There are three main related factors that contributed to the growth and expansion of Christianity, and ultimately its success. These were a combination of political, social and economic factors. The rise of early the mystical teachings of jesus has been the topic of much debate and historical analyses. I will be attempting to simply outline and comment on some of the main social factors that lead to the rise of Christianity.

Christianity seems to have come at the right time, in an age where life was uncertain and many circumstances could not be controlled such as the barbarians invading; fires burning down whole cities and plagues killing off quite a lot of the population, whether you were rich or poor it made no difference, life in the Greco-Roman world was very fragile and short. Life expectancy was not great and the average person lived until around the age of 30 or even considerably less.

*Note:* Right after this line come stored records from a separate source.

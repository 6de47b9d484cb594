-- ===== src/Memory/Heap/FirstFit.antt =====
-- The search of `malloc`, kernel/src/memory/heap.cpp, against the first fit in a list of segments.
use lensor_os.Prelude.{
  ℕ, zero, suc, ◌+◌, ◌-◌, ◌≡◌, refl, sym, ◌≤◌, ◌<◌, true, false, Bool, Option, none, some, List, [],
  ◌∷◌, ◌++◌, arith, if◌then◌else◌, ◌==◌, ltb, leb, ◌&&◌, ◌||◌, length, append_assoc, Bool-cases,
  inl, inr,
}
use lensor_os.Prelude.Words.{add64}
use lensor_os.Memory.Heap.{
  Heap, heap_virtual_base, header_size, heap_byte_align, mark, insert_header, Search, taken, missed,
  search,
}
use lensor_os.Memory.Heap.Chain.{Segment, after, following, past-append}
use lensor_os.Memory.Heap.Sound.{Sound, place, header_lem, room}
use lensor_os.Memory.Heap.Split.{
  front_part, rest_of, mark-Sound, insert-Sound, split-Sound, split_refused,
}

-- A free segment serves a request if it has the very length, or room for a header and a payload
-- besides.
abbrev pub suits : ℕ → Segment → Bool
suits n s = s.free && ((s.length == n) || leb (n + 48) s.length)

abbrev pub carve : ℕ → Segment → List Segment
carve n s =
    if s.length == n
    then record s { free = false } ∷ []
    else record { length = n; free = false } ∷ rest_of n s ∷ []

-- The allocator that the search implements: the first segment that serves the request is carved,
-- and its payload is the answer.
abbrev pub first_fit : ℕ → ℕ → List Segment → Option (ℕ × List Segment)
first_fit n a [] = none
first_fit n a (s ∷ rest) =
    if suits n s
    then some (a + header_size, carve n s ++ rest)
    else elim (first_fit n (after a s) rest) [ none ↦ none | some (p, segs) ↦ some (p, s ∷ segs) ]

-- How the loop goes on after a segment.
abbrev onwards : ℕ → ℕ → Heap → ℕ → List Segment → Search
onwards fuel n h next ys = elim (following next ys none) [
  | none ↦ missed
  | some a ↦ search fuel n a h
]

module _ (fuel n : ℕ) (h : Heap) (xs : List Segment) (s : Segment) (ys : List Segment)
    (v : Sound h (xs ++ (s ∷ ys))) (wide : heap_byte_align ≤ n) where
  payload_lem : add64 (place xs) header_size ≡ place xs + header_size
  payload_lem = omega (arith, room h xs s ys v, v.small)

  search_exact :
      s.free ≡ true
      → s.length ≡ n
      → search (suc fuel) n (place xs) h ≡ taken (place xs + header_size) (mark (place xs) false h)
  unfolding search
  search_exact f e =
      let t1 : ltb n s.length ≡ false = ground arith in
      let t2 : (s.length == n) ≡ true = ground arith in
      rw (search, header_lem h xs s ys v, f, t1, t2, payload_lem) refl

  search_splits :
      s.free ≡ true
      → n + 48 ≤ s.length
      → search (suc fuel) n (place xs) h
        ≡ taken
            (place xs + header_size)
            (mark (place xs) false (insert_header (place xs) n (s.length - n - header_size) h))
  unfolding search
  search_splits f fits =
      let t1 : ltb n s.length ≡ true = ground arith in
      rw (search, header_lem h xs s ys v, f, t1, split-Sound n h xs s wide fits ys v, payload_lem)
        refl

  search_skips :
      suits n s ≡ false
      → search (suc fuel) n (place xs) h ≡ onwards fuel n h (after (place xs) s) ys
  unfolding search
  search_skips out = elim (Bool-cases s.free) [
    | inl f ↦ elim (Bool-cases (ltb n s.length)) [
      | inl l ↦
          rw
            (
              search,
              header_lem h xs s ys v,
              f,
              l,
              split_refused n h xs s ys v (ground arith) (ground arith),
              header_lem h xs s ys v,
            )
            refl
      | inr l ↦
          let t : (s.length == n) ≡ false = ground arith in
          rw (search, header_lem h xs s ys v, f, l, t) refl
    ]
    | inr f ↦ rw (search, header_lem h xs s ys v, f) refl
  ]

-- The search answers as the first fit does, and leaves the heap laid out as that says.
abbrev pub Finds : Option (ℕ × List Segment) → List Segment → Search → Type 0
Finds none xs r = r ≡ missed
Finds (some (p, segs)) xs r = (h' : Heap) × (r ≡ taken p h') × Sound h' (xs ++ segs)

Finds-skip :
    (o : Option (ℕ × List Segment)) (xs : List Segment) (s : Segment) (r : Search)
    → Finds o (xs ++ (s ∷ [])) r
    → Finds (elim o [ none ↦ none | some (p, segs) ↦ some (p, s ∷ segs) ]) xs r
Finds-skip none xs s r f = f
Finds-skip (some (p, segs)) xs s r (h', e, v) = (h', e, rw (append_assoc xs (s ∷ []) segs) at v)

Finds-carve :
    (fuel n : ℕ) (h : Heap) (xs : List Segment) (s : Segment) (ys : List Segment)
    → Sound h (xs ++ (s ∷ ys))
    → heap_byte_align ≤ n
    → suits n s ≡ true
    → Finds (some (place xs + header_size, carve n s ++ ys)) xs (search (suc fuel) n (place xs) h)
Finds-carve fuel n h xs s ys v wide fit = elim (Bool-cases (s.length == n)) [
  | inl e ↦ (
    mark (place xs) false h,
    search_exact fuel n h xs s ys v wide (ground arith) (ground arith),
    rw e (mark-Sound h xs s false ys v),
  )
  | inr e ↦ (
    _,
    search_splits fuel n h xs s ys v wide (ground arith) (ground arith),
    rw e (
        mark-Sound _ xs (front_part n s) false (rest_of n s ∷ ys)
          (insert-Sound n h xs s wide (ground arith) ys v)),
  )
]

-- With fuel for every segment the search finds what the first fit does.
pub search-first_fit :
    (fuel n : ℕ) (h : Heap) (xs : List Segment) (s : Segment) (ys : List Segment)
    → Sound h (xs ++ (s ∷ ys))
    → heap_byte_align ≤ n
    → length ys < fuel
    → Finds (first_fit n (place xs) (s ∷ ys)) xs (search fuel n (place xs) h)
search-first_fit zero n h xs s ys v wide enough = absurd (omega arith)
search-first_fit (suc fuel) n h xs s [] v wide enough = elim (Bool-cases (suits n s)) [
  | inl fit ↦ rw fit (Finds-carve fuel n h xs s [] v wide fit)
  | inr unfit ↦ rw (unfit, search_skips fuel n h xs s [] v wide unfit) refl
]
search-first_fit (suc fuel) n h xs s (y ∷ ys) v wide enough =
    let v' = rw (sym (append_assoc xs (s ∷ []) (y ∷ ys))) at v in
    let later = search-first_fit fuel n h (xs ++ (s ∷ [])) y ys v' wide (omega arith) in
    elim (Bool-cases (suits n s)) [
      | inl fit ↦ rw fit (Finds-carve fuel n h xs s (y ∷ ys) v wide fit)
      | inr unfit ↦
          rw (unfit, search_skips fuel n h xs s (y ∷ ys) v wide unfit)
            (Finds-skip (first_fit n (after (place xs) s) (y ∷ ys)) xs s _
              (rw (past-append heap_virtual_base xs (s ∷ [])) at later))
    ]
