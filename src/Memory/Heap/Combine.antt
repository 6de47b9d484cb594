-- ===== src/Memory/Heap/Combine.antt =====
-- `combine_forward` and `combine_backward`, kernel/src/memory/heap.cpp, on the list of segments.
use lensor_os.Prelude.{
  ℕ, ◌+◌, ◌≡◌, ◌∙◌, refl, sym, subst, ◌<◌, true, false, Bool, Option, none, some, List, [], ◌∷◌,
  ◌++◌, arith, if◌then◌else◌, ◌==◌,
}
use lensor_os.Prelude.Words.{add64}
use lensor_os.Memory.Heap.{
  Heap, heap_virtual_base, header_size, write, set_last, is_last, absorb, combine_forward,
  combine_backward,
}
use lensor_os.Memory.Heap.Chain.{Segment, after, past-le, final-append}
use lensor_os.Memory.Heap.Sound.{
  Sound, place, header_lem, second_lem, extent, changed, write_at, write_off, final_above,
}

abbrev pub merged : Segment → Segment → Segment
merged s t = record { length = s.length + t.length + header_size; free = s.free }

module _ (h : Heap) (a b : ℕ) (s t : Segment) (back : Option ℕ) where
  -- What `absorb` makes of the headers and of `sLastHeader`.
  absorb_end :
      h.headers a ≡ record { last = back; next = some b; length = s.length; free = s.free }
      → h.headers b ≡ record { last = some a; next = none; length = t.length; free = t.free }
      → absorb a b h ≡ record h {
        headers =
            write a
              (record {
                last = back;
                next = none;
                length = add64 (add64 s.length t.length) header_size;
                free = s.free;
              })
              h.headers;
        last_header = if is_last b h then some a else h.last_header;
      }
  unfolding absorb set_last
  absorb_end e e' = rw (e', e, e') refl

  absorb_between :
      (c : ℕ)
      → b < c
      → a < b
      → h.headers a ≡ record { last = back; next = some b; length = s.length; free = s.free }
      → h.headers b ≡ record { last = some a; next = some c; length = t.length; free = t.free }
      → absorb a b h ≡ record h {
        headers =
            write a
              (record {
                last = back;
                next = some c;
                length = add64 (add64 s.length t.length) header_size;
                free = s.free;
              })
              (write c (record (h.headers c) { last = some a }) h.headers);
        last_header = if is_last b h then some a else h.last_header;
      }
  unfolding absorb set_last
  absorb_between c l u e e' =
      let n1 : (c == b) ≡ false = ground arith in
      let n2 : (c == a) ≡ false = ground arith in rw (e', n1, n2, e, e') refl

module _ (h : Heap) (xs : List Segment) (s t : Segment) where
  merged_length :
      (ys : List Segment)
      → Sound h (xs ++ (s ∷ t ∷ ys))
      → add64 (add64 s.length t.length) header_size ≡ (merged s t).length
  merged_length ys v =
      let r = extent h xs s (t ∷ ys) v in
      omega (arith, r, v.small, past-le (after (after (place xs) s) t) ys)

  latest_end : Sound h (xs ++ (s ∷ t ∷ [])) → is_last (after (place xs) s) h ≡ true
  latest_end v =
      let e : h.last_header ≡ some (after (place xs) s) =
        v.last ∙ final-append none heap_virtual_base xs (s ∷ t ∷ []) in
      rw e (ground arith)

  absorb-Sound_end :
      Sound h (xs ++ (s ∷ t ∷ []))
      → Sound (absorb (place xs) (after (place xs) s) h) (xs ++ (merged s t ∷ []))
  absorb-Sound_end v =
      let a = place xs in
      let b = after a s in
      let e = absorb_end h a b s t _ (header_lem h xs s (t ∷ []) v) (second_lem h xs s t [] v) in
      rw (e, merged_length [] v, latest_end v)
        (changed h _ _ xs s (t ∷ []) (merged s t) [] [] v (omega arith) (write_at a _ h.headers, tt)
          (λ c u. write_off a c _ h.headers (omega arith)) tt
          (sym (final-append none heap_virtual_base xs (merged s t ∷ []))))

  absorb-Sound_between :
      (y : Segment) (ys : List Segment)
      → Sound h (xs ++ (s ∷ t ∷ y ∷ ys))
      → Sound (absorb (place xs) (after (place xs) s) h) (xs ++ (merged s t ∷ y ∷ ys))
  absorb-Sound_between y ys v =
      let a = place xs in
      let b = after a s in
      let c = after b t in
      let k = second_lem h xs s t (y ∷ ys) v in
      let e =
        absorb_between h a b s t _ c (omega arith) (omega arith) (header_lem h xs s (t ∷ y ∷ ys) v)
          k in
      let same : c ≡ after a (merged s t) = omega arith in
      let off : is_last b h ≡ false =
        rw (v.last, final-append none heap_virtual_base xs (s ∷ t ∷ y ∷ ys))
          (final_above c b (after c y) ys (omega arith) (omega arith)) in
      rw (e, merged_length (y ∷ ys) v, off, same)
        (changed h _ _ xs s (t ∷ []) (merged s t) [] (y ∷ ys) v same (ground arith, tt)
          (λ d u. ground arith)
          (
            ground (arith, final-append none heap_virtual_base xs (merged s t ∷ [])),
            λ d u. ground arith,
          )
          (rw (final-append none heap_virtual_base xs (merged s t ∷ y ∷ ys), sym same)
            (v.last ∙ final-append none heap_virtual_base xs (s ∷ t ∷ y ∷ ys))))

-- Two conditionals with one test are related if their branches are.
if_both :
    {A B : Type 0} (c : Bool) (R : A → B → Type 0) {a a' : A} {b b' : B}
    → R a b
    → R a' b'
    → R (if c then a else a') (if c then b else b')
if_both true R l r = l
if_both false R l r = r

-- What `combine_forward` makes of a segment and those after it.
abbrev pub absorb_next : Segment → List Segment → List Segment
absorb_next s [] = s ∷ []
absorb_next s (t ∷ ys) = if t.free then merged s t ∷ ys else s ∷ t ∷ ys

module _ (h : Heap) (xs : List Segment) (s : Segment) where
  absorb-Sound :
      (t : Segment) (ys : List Segment)
      → Sound h (xs ++ (s ∷ t ∷ ys))
      → Sound (absorb (place xs) (after (place xs) s) h) (xs ++ (merged s t ∷ ys))
  absorb-Sound t [] v = absorb-Sound_end h xs s t v
  absorb-Sound t (y ∷ ys) v = absorb-Sound_between h xs s t y ys v

  combine_forward_step :
      (t : Segment) (ys : List Segment)
      → Sound h (xs ++ (s ∷ t ∷ ys))
      → combine_forward (place xs) h
        ≡ (if t.free then absorb (place xs) (after (place xs) s) h else h)
  unfolding combine_forward
  combine_forward_step t ys v =
      rw (combine_forward, header_lem h xs s (t ∷ ys) v, second_lem h xs s t ys v) refl

  pub combine_forward-Sound :
      (ys : List Segment)
      → Sound h (xs ++ (s ∷ ys))
      → Sound (combine_forward (place xs) h) (xs ++ absorb_next s ys)
  unfolding combine_forward
  combine_forward-Sound [] v = rw (combine_forward, header_lem h xs s [] v) v
  combine_forward-Sound (t ∷ ys) v =
      subst (λ (h' : Heap). Sound h' (xs ++ absorb_next s (t ∷ ys)))
        (sym (combine_forward_step t ys v))
        (if_both t.free (λ h' segs. Sound h' (xs ++ segs)) (absorb-Sound t ys v) v)

-- What `combine_backward` makes of a segment with the one before it.
abbrev pub absorb_into : Segment → Segment → List Segment → List Segment
absorb_into p s ys = if p.free then absorb_next p (s ∷ ys) else p ∷ s ∷ ys

module _ (h : Heap) (xs : List Segment) (p s : Segment) (ys : List Segment)
    (v : Sound h (xs ++ (p ∷ s ∷ ys))) where
  combine_backward_step :
      combine_backward (after (place xs) p) h ≡ (if p.free then combine_forward (place xs) h else h)
  unfolding combine_backward
  combine_backward_step =
      rw (combine_backward, second_lem h xs p s ys v, header_lem h xs p (s ∷ ys) v) refl

  pub combine_backward-Sound :
      Sound (combine_backward (after (place xs) p) h) (xs ++ absorb_into p s ys)
  combine_backward-Sound =
      subst (λ (h' : Heap). Sound h' (xs ++ absorb_into p s ys)) (sym combine_backward_step)
        (if_both p.free (λ h' segs. Sound h' (xs ++ segs)) (combine_forward-Sound h xs p (s ∷ ys) v)
          v)

pub combine_backward_first :
    (h : Heap) (s : Segment) (ys : List Segment)
    → Sound h (s ∷ ys)
    → combine_backward heap_virtual_base h ≡ h
unfolding combine_backward
combine_backward_first h s ys v = rw (combine_backward, header_lem h [] s ys v) refl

Life expectancy was very low and what may have appealed to pagans was that the Christian religion and doctrines offered hope and certainty in the afterlife and even some personal divine protection in this world. These new doctrines would have seemed attractive to pagans, when there was growing discontent with pagan practices and a general spiritual unrest. Like Christianity the Roman Religion was for the ordinary man but interest was waning and the mystery religions were far too complicated for the common Roman, thus the people’s choice was likely to be Christianity.

Christianity also offered hope to a usually pessimistic society that believed that their destinies were fixed, either to be in the Gods’ favour or to be out of it, with no hope of redemption. Christianity offered an alternative with the much desired possibility of salvation.

Christianity was primarily an urban movement, in these urban centre’s Christianity grew at a steady pace, the urban areas of cities such as Antioch, were very condensed with people it is estimated that there were 117 people per acre. In comparison to modern cities of today this is rather overcrowded. The overcrowding was so extreme, entire families were living together in single room apartments; this left little personal space and allowed everyone to know each other’s business. Given that urban centre’s were dramatically overcrowded and that early Roman Greco cities had minimal sanitation or sewerage to the average apartments people would often just throw their bodily waste out the window of their apartments onto the streets. Starks describe the situation in these urbanized areas as:

Given limited water and means of sanitation and the incredible density of humans and animals, most people in the Greco-Roman world would have lived in filth beyond our imagining.

Apartment buildings were often Smokey, dark, damp and always dirty. The air was filled with the smell of sweat, urine and faces. Onto of these conditions the rodents and bugs were everywhere in these apartments. The city streets were not much better they had open sewers, animal manure and crowds in some places it was so bad there were dead human corpses abandoned in the streets. When cities were in a constant state of filth, insects and crowding, disease was rife in these conditions, especially when these Roman societies had no antibiotics or knowledge of germs. Often plagues would strike and physical illness was most likely a part of daily life. An example of this was the analysis of human faeces that were found in a cesspit in Jerusalem showed large amounts of tapeworm and whipworm eggs, which shows poor sanitary conditions where humans often came into contact with human faeces.